It was supposed to be a simple drive home — a quick trip from Colorado to Montana. But for 18-year-old Lisa “Lil Miss” Kimmell, it became six days of pure terror, ending in one of the most disturbing murder cases America has ever seen.

On March 25, 1988, Lisa — bright, beautiful, and full of life — was pulled over for speeding in Douglas, Wyoming. It was the last time anyone saw her alive. What followed was a nightmare so twisted it would haunt investigators for decades.
Eight days later, her body was found floating in a river — stabbed, assaulted, and discarded like a secret no one wanted told. The nation was horrified. Her beloved black Honda CRX, proudly displaying her custom plate “LIL MISS”, had vanished.

Then came the sightings. People swore they’d seen her car. Some claimed they saw a woman matching Lisa’s description behind the wheel. But every lead went cold. The mystery deepened. Was she kidnapped by a stranger? Or someone she knew?
For 14 long years, the Kimmell family lived in agony — until science finally spoke. In 2002, DNA cracked the case wide open. The killer was Dale Wayne Eaton, an ex-con drifter with a dark past and a taste for violence.

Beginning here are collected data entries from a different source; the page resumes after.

-- ===== src/Generic/Slow.antt =====
-- What `SlowSync` does to the records, once the database of the Palm is there: it walks over the records
-- of that database, and then over the local ones. The pointer to the next record is read before a
-- record is looked at, and the first record of its ID, which may then be deleted, is not behind it: so
-- the walk is the one over the records that are there at the start.
use coldsync.Base.{
  ℕ, not, Bool, ◌&&◌, ◌||◌, if◌then◌else◌, bit_or, Option, none, some, List, [], ◌∷◌, map,
}
use coldsync.Pdb.{
  PdbRecord, pdb_rec_dirty, at_addr, update_at, is_some, pdb_find_record_by_id,
  pdb_delete_record_by_id,
}
use coldsync.Pdb.Memory.{pdb_copy_record}
use coldsync.Generic.{
  archive_record, load, change, delete_local, append_local, or_fail, or_unchanged, upload,
  sync_record,
}
use coldsync.Generic.Remote.{Palm}
use coldsync.Generic.Monad.{
  Conduit, Outcome, ok, err, fault, M, ◌>>=◌, ◌>>◌, pure, gets, modify, valid,
}
use coldsync.Generic.Records.{
  expunged, dirty, deleted, archive, clear_status_flags, compare_rec, is_equal,
}

-- Whether a record was deleted and is not marked to leave no trace.
unfoldable pub to_archive : PdbRecord → Bool
unfolding deleted archive expunged
to_archive rec = deleted rec && (archive rec || not (expunged rec))

module _ {P : Type 0} where
  unfoldable pub for_each : List ℕ → (ℕ → M P (Unit {0})) → M P (Unit {0})
  for_each [] f = pure tt
  for_each (a ∷ as') f = f a >> for_each as' f

  -- A result that is not looked at.
  abbrev pub ignore_result : Outcome (Unit {0}) × Conduit P → Outcome (Unit {0}) × Conduit P
  ignore_result (ok a, s) = (ok a, s)
  ignore_result (err, s) = (ok tt, s)
  ignore_result (fault, s) = (fault, s)

  abbrev pub ignoring : M P (Unit {0}) → M P (Unit {0})
  ignoring m s = ignore_result (m s)

  unfoldable pub load_remote : ℕ → M P PdbRecord
  load_remote a s = valid (at_addr a s.remotedb.recs) s

  unfoldable pub change_remote : ℕ → (PdbRecord → PdbRecord) → M P (Unit {0})
  unfolding load_remote
  change_remote a f = do
    rec ← load_remote a
    modify (λ s. record s { remotedb = record s.remotedb { recs = update_at a f s.remotedb.recs } })

  -- A copy of the downloaded record at an address.
  unfoldable pub copy_downloaded : ℕ → M P PdbRecord
  unfolding load_remote
  copy_downloaded a = do
    rec ← load_remote a
    answer ← gets (λ s. pdb_copy_record rec s.memory)
    modify (λ s. record s { memory = answer.1 })
    or_fail answer.0

  -- A downloaded record that is not in the local database.
  unfoldable pub slow_new : ℕ → PdbRecord → M P (Unit {0})
  unfolding archive_record append_local change_remote copy_downloaded
  slow_new a remoterec =
      if to_archive remoterec
      then change_remote a clear_status_flags >> archive_record (clear_status_flags remoterec)
      else if expunged remoterec
      then modify (λ s. record s {
        remotedb = or_unchanged (pdb_delete_record_by_id s.remotedb remoterec.id) s.remotedb;
      })
      else do change_remote a clear_status_flags; newrec ← copy_downloaded a; append_local newrec

module _ (palm : Palm) where
  -- One that is, at an address. The dirty flag of the remote record is not to be trusted if it is not
  -- set. The result of `SyncRecord` is not looked at.
  unfoldable pub slow_known : ℕ → PdbRecord → PdbRecord → M palm.State (Unit {0})
  unfolding load_remote change_remote sync_record compare_rec
  slow_known a localrec remoterec = do
    if not (dirty remoterec) && not (is_equal (compare_rec localrec remoterec))
        then change_remote a (λ r. record r { flags = bit_or r.flags pdb_rec_dirty })
        else pure tt
    rec ← load_remote a
    ignoring (sync_record palm localrec.addr rec)
    change_remote a clear_status_flags

  unfoldable pub slow_found : ℕ → PdbRecord → Option PdbRecord → M palm.State (Unit {0})
  unfolding slow_new slow_known
  slow_found a remoterec none = slow_new a remoterec
  slow_found a remoterec (some localrec) = slow_known a localrec remoterec

  unfoldable pub slow_remote : ℕ → M palm.State (Unit {0})
  unfolding load_remote slow_found pdb_find_record_by_id
  slow_remote a = do
    remoterec ← load_remote a
    localrec ← gets (λ s. pdb_find_record_by_id s.localdb remoterec.id)
    slow_found a remoterec localrec

  -- A local record that was not downloaded.
  unfoldable pub slow_only : ℕ → PdbRecord → M palm.State (Unit {0})
  unfolding archive_record change delete_local upload
  slow_only a localrec =
      if to_archive localrec
      then change a clear_status_flags >> archive_record (clear_status_flags localrec)
      else if expunged localrec
      then delete_local a
      else if dirty localrec
      then change a clear_status_flags >> upload palm a localrec.id
      else archive_record localrec >> delete_local a

  unfoldable pub slow_local : ℕ → M palm.State (Unit {0})
  unfolding load slow_only pdb_find_record_by_id
  slow_local a = do
    localrec ← load a
    remoterec ← gets (λ s. pdb_find_record_by_id s.remotedb localrec.id)
    if is_some remoterec then pure tt else slow_only a localrec

  unfoldable pub slow_records : M palm.State (Unit {0})
  unfolding for_each slow_remote slow_local
  slow_records = do
    remote ← gets (λ s. map (λ r. r.addr) s.remotedb.recs)
    for_each remote slow_remote
    local ← gets (λ s. map (λ r. r.addr) s.localdb.recs)
    for_each local slow_local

Investigators uncovered a house of horrors: Eaton had kept Lisa captive in an abandoned school bus, torturing her before killing her and burying her car on his property — as if hiding a trophy of his evil.
When police unearthed the vehicle, the sight sent shivers through even veteran detectives. The plate “LIL MISS” still gleamed faintly in the dirt — a ghostly reminder of innocence stolen.

Eaton was convicted in 2003, but even behind bars, his shadow looms large. Authorities suspect Lisa wasn’t his only victim, and the Wyoming wilderness may still hold his secrets.
Years later, in an act both defiant and cathartic, Lisa’s family burned down Eaton’s property on what would have been her 36th birthday — turning the place of her torment into ashes.

Lisa “Lil Miss” Kimmell’s story remains a chilling reminder that evil often hides in plain sight — and that even the most ordinary journey can end in unimaginable horror.